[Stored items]

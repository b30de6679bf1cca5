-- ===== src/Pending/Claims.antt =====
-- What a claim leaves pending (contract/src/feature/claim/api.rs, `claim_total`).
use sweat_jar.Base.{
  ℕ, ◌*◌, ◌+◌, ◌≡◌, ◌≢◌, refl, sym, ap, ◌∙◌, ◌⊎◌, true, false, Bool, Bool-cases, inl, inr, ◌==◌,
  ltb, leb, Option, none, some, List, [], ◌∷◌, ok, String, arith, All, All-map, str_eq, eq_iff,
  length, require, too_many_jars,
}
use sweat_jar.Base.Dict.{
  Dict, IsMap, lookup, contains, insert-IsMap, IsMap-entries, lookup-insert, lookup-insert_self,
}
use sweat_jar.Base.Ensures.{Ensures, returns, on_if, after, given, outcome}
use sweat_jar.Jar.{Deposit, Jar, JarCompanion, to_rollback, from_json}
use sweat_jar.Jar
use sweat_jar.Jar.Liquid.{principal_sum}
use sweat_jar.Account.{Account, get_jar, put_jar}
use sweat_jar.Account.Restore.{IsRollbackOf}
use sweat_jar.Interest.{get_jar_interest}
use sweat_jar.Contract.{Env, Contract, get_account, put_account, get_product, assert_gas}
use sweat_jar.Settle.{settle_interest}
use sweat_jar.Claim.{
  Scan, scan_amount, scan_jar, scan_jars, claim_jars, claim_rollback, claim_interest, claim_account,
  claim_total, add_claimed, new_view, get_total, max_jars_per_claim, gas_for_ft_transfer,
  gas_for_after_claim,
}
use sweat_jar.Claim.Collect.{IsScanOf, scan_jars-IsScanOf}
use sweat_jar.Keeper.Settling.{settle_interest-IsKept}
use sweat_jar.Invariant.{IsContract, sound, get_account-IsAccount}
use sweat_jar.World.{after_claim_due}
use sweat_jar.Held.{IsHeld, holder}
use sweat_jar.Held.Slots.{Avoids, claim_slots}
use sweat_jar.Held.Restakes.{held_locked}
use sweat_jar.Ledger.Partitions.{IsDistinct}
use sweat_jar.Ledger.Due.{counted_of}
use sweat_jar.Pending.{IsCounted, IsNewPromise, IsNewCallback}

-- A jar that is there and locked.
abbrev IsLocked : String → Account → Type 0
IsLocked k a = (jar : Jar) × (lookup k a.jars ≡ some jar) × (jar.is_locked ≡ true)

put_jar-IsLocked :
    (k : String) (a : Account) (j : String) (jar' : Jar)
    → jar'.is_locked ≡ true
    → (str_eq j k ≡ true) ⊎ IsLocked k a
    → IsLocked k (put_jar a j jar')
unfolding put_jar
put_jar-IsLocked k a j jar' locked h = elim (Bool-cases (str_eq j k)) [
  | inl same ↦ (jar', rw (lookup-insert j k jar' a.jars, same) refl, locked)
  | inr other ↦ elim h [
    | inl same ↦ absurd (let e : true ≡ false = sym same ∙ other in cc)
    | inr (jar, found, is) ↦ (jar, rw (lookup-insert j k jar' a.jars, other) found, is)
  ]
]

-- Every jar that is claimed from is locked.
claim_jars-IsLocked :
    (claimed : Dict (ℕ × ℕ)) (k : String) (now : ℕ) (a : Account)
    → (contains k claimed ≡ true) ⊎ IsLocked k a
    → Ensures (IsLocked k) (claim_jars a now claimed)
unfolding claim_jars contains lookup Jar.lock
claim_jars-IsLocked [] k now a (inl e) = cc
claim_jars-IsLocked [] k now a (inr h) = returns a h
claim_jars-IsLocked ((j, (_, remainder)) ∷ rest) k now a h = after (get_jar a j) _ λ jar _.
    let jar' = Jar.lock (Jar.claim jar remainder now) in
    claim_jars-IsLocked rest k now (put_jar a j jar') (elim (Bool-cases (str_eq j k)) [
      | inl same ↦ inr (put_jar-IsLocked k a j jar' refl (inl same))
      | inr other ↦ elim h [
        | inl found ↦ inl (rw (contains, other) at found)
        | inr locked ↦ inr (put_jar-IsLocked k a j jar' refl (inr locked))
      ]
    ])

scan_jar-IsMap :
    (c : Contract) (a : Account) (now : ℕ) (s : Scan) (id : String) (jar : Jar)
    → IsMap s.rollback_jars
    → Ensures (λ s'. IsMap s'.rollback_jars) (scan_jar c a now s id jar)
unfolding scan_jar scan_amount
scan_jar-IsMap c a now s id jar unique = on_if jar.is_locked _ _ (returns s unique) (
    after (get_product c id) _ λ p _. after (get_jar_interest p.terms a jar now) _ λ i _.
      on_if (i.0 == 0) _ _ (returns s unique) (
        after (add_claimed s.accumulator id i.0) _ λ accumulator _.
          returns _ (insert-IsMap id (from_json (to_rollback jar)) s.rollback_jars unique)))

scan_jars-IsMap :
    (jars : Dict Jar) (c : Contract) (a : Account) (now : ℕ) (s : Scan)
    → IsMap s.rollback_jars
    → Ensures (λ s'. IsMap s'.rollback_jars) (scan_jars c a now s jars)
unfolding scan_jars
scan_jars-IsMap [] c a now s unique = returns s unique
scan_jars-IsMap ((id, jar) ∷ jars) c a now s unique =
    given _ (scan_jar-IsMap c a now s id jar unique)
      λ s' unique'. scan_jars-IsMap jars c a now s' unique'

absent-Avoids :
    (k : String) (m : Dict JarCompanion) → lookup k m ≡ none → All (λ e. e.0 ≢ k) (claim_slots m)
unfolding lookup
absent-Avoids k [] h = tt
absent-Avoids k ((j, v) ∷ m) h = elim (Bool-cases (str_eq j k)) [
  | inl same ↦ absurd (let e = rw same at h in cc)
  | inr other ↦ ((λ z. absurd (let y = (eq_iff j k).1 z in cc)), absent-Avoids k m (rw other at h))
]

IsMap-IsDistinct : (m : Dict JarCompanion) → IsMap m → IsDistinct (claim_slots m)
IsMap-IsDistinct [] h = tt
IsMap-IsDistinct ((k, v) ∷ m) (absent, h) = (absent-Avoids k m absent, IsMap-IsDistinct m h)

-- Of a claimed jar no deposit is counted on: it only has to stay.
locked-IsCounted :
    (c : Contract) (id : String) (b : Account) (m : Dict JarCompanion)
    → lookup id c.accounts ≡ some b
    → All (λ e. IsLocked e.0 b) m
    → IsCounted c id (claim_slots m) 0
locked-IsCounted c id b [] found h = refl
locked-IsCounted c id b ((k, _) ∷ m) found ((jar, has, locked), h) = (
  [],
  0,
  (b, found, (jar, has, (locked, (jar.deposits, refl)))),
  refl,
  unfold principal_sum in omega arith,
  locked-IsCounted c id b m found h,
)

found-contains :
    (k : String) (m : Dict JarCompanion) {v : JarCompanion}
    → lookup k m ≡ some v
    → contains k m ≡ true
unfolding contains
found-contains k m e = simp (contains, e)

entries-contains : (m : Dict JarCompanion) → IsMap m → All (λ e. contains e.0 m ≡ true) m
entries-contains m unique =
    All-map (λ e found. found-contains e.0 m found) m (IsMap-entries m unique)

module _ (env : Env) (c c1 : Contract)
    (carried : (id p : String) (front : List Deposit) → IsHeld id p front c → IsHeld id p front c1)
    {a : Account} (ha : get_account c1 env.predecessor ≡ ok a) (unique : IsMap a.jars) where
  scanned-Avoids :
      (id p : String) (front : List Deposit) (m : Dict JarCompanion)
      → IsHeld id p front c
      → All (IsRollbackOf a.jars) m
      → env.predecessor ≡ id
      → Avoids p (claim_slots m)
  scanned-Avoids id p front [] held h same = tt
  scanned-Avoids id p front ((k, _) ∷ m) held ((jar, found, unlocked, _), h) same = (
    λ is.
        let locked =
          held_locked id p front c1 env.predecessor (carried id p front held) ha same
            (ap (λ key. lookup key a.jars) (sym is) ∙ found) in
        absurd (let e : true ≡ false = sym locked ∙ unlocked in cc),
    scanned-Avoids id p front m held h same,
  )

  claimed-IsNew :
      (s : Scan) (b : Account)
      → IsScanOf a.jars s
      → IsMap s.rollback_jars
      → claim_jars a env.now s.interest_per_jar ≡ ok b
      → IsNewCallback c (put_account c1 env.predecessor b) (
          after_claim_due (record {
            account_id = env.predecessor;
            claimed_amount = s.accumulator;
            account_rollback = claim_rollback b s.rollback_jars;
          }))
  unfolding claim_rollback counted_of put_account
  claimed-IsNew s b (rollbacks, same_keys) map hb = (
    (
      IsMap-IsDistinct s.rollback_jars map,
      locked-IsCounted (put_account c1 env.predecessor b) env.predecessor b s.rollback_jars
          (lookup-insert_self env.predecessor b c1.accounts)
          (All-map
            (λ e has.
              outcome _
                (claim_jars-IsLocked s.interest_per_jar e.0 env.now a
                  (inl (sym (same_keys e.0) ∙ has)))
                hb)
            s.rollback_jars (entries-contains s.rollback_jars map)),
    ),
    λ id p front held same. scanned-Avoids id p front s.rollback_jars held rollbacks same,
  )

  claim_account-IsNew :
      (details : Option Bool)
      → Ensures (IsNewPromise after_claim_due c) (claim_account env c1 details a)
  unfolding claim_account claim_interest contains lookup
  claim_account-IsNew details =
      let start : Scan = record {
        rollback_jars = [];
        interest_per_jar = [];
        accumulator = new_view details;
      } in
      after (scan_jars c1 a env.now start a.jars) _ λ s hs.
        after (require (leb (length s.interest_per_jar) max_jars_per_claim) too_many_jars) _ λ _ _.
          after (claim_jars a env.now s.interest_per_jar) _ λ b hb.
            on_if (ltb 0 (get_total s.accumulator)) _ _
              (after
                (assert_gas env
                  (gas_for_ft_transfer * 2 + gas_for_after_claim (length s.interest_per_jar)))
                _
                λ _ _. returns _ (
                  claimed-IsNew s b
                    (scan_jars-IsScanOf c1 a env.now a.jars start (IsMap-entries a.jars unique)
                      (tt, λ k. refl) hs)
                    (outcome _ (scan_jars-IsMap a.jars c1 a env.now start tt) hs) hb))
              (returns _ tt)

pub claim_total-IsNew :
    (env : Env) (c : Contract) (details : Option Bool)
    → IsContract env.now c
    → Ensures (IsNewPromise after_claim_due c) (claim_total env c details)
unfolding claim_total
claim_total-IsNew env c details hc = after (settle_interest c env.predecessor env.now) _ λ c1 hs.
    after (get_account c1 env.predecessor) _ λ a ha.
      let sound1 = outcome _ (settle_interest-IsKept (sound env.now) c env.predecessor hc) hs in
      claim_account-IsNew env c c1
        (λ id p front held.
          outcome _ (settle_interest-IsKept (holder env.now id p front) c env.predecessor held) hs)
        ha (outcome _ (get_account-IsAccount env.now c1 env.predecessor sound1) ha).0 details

* * *

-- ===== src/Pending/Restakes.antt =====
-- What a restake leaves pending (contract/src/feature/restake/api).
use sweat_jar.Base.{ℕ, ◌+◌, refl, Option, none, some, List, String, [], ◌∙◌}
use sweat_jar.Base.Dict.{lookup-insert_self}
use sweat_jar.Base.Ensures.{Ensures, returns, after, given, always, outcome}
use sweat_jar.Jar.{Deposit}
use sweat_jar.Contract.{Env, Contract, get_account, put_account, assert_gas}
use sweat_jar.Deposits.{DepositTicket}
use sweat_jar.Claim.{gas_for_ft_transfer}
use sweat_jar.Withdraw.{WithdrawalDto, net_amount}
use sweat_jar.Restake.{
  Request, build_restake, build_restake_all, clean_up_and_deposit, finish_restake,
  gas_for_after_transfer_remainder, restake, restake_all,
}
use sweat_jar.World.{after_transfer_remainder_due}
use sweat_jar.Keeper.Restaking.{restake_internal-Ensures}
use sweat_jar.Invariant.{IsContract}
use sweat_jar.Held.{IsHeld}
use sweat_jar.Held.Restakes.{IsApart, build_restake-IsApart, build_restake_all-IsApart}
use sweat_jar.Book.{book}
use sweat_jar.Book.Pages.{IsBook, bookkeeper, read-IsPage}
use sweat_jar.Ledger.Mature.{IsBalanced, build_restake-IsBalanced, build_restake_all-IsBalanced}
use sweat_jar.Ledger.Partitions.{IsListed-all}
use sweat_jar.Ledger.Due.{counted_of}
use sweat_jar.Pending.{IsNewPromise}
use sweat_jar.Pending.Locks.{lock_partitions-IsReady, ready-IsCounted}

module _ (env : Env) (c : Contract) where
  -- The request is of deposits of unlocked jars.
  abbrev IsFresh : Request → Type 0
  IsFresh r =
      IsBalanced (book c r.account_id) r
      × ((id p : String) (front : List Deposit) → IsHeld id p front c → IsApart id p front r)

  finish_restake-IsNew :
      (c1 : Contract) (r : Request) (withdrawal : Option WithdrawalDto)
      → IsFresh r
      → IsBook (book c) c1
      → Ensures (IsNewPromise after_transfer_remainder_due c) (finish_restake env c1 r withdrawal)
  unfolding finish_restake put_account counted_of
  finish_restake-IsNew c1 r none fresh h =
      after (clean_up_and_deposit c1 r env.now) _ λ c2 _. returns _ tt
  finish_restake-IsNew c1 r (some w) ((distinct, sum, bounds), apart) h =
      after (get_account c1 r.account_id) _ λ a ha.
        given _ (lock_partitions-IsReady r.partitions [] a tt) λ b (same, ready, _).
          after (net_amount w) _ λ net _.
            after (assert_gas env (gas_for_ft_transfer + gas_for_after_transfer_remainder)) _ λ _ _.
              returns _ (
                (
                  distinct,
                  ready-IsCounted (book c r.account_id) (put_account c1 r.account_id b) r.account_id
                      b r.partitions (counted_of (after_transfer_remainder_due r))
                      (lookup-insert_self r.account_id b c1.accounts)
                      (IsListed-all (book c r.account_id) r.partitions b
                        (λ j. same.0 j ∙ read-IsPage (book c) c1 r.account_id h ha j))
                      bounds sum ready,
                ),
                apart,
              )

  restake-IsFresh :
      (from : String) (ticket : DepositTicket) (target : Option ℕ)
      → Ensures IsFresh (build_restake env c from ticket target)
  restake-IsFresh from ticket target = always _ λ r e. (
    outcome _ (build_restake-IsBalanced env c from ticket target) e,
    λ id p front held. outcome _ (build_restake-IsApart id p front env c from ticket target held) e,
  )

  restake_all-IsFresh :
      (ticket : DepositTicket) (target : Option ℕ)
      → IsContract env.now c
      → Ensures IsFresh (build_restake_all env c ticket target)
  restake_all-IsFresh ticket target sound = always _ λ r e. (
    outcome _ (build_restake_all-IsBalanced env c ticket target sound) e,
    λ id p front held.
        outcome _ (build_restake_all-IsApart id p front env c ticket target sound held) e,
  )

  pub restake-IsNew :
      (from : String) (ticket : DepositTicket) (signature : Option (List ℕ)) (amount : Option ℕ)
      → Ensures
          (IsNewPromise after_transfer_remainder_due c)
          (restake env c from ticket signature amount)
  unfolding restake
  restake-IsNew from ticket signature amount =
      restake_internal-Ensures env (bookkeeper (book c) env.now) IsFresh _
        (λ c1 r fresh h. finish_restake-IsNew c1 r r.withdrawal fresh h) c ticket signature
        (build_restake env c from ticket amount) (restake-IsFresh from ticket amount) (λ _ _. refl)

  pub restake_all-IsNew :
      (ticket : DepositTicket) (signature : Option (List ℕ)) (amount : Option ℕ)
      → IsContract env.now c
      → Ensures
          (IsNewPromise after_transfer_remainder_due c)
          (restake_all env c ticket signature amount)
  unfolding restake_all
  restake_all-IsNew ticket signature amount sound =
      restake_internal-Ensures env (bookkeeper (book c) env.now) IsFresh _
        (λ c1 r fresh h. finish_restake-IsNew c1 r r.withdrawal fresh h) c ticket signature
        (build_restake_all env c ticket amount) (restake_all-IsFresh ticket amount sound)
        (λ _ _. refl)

* * *

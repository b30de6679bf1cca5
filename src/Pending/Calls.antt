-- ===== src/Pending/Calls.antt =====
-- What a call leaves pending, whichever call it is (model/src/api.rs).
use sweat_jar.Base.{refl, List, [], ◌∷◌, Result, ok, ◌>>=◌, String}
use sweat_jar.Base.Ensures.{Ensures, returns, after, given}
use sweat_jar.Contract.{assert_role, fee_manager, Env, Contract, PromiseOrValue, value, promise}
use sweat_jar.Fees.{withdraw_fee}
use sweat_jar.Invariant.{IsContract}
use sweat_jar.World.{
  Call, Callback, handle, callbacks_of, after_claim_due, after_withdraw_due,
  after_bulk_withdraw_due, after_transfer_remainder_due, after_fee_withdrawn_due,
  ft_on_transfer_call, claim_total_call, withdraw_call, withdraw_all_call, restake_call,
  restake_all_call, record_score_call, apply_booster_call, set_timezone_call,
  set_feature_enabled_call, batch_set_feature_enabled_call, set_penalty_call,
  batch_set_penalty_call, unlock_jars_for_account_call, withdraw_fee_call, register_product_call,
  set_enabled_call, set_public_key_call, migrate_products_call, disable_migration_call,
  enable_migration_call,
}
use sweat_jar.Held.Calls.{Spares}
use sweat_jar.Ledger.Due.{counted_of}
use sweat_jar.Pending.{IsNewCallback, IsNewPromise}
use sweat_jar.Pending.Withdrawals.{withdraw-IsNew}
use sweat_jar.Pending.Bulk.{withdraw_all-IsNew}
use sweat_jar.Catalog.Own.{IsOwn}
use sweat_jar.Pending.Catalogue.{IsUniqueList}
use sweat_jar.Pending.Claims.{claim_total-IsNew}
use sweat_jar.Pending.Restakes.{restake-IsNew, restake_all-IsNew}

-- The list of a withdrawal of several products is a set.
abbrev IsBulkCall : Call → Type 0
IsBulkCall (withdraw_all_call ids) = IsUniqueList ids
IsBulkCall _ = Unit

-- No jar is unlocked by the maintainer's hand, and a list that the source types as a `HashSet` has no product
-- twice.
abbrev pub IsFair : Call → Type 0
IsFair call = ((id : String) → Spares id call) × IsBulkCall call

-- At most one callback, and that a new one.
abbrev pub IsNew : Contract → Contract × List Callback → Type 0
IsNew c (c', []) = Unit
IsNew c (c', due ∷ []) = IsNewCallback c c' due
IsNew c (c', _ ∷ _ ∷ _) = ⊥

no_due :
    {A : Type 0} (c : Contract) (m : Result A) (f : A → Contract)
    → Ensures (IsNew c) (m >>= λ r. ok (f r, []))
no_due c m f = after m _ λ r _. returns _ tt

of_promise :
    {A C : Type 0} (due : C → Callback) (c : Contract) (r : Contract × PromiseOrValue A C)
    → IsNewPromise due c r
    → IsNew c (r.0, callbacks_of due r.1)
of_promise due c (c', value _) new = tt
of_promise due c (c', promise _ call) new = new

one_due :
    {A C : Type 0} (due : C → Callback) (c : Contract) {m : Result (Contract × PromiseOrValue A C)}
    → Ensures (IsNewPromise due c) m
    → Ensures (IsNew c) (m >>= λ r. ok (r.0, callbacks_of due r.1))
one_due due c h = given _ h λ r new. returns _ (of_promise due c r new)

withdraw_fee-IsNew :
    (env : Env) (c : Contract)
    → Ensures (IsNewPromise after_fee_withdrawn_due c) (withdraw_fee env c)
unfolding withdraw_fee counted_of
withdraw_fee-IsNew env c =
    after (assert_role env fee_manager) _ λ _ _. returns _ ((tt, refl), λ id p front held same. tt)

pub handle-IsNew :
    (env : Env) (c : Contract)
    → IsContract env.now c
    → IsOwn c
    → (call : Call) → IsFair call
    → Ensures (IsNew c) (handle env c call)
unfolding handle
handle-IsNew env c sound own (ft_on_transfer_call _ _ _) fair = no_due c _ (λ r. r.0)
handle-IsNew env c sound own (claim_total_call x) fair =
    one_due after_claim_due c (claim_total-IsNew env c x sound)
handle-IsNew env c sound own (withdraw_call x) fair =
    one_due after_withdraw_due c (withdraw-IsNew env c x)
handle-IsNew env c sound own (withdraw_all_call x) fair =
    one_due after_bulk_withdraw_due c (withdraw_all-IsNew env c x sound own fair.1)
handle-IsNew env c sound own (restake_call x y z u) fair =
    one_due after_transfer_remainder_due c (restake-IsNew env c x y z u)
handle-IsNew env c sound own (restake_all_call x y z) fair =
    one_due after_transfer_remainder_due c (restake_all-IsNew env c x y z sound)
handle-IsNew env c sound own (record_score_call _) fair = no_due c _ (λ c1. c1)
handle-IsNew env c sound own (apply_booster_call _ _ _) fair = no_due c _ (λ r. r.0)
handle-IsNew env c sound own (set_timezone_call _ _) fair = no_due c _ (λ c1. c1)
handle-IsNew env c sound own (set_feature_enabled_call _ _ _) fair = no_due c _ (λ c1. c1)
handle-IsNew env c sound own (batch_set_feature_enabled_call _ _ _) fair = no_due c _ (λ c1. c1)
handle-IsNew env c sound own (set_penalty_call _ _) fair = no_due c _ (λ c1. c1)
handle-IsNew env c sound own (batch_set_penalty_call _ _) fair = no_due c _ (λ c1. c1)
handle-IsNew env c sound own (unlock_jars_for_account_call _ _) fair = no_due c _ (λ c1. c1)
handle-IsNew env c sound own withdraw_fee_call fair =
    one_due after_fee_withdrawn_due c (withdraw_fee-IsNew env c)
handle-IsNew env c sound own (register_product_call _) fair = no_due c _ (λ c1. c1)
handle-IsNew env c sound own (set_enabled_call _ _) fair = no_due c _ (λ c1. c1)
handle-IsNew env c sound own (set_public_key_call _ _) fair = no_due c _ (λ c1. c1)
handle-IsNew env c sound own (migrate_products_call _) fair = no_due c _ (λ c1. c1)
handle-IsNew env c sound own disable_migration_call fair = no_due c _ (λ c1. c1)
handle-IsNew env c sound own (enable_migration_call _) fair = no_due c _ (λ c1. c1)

AIM OF THE EXERCISE -
Tell how many lines above contain the word "IsBalanced". Give the number alone.

TASK RESULT -
4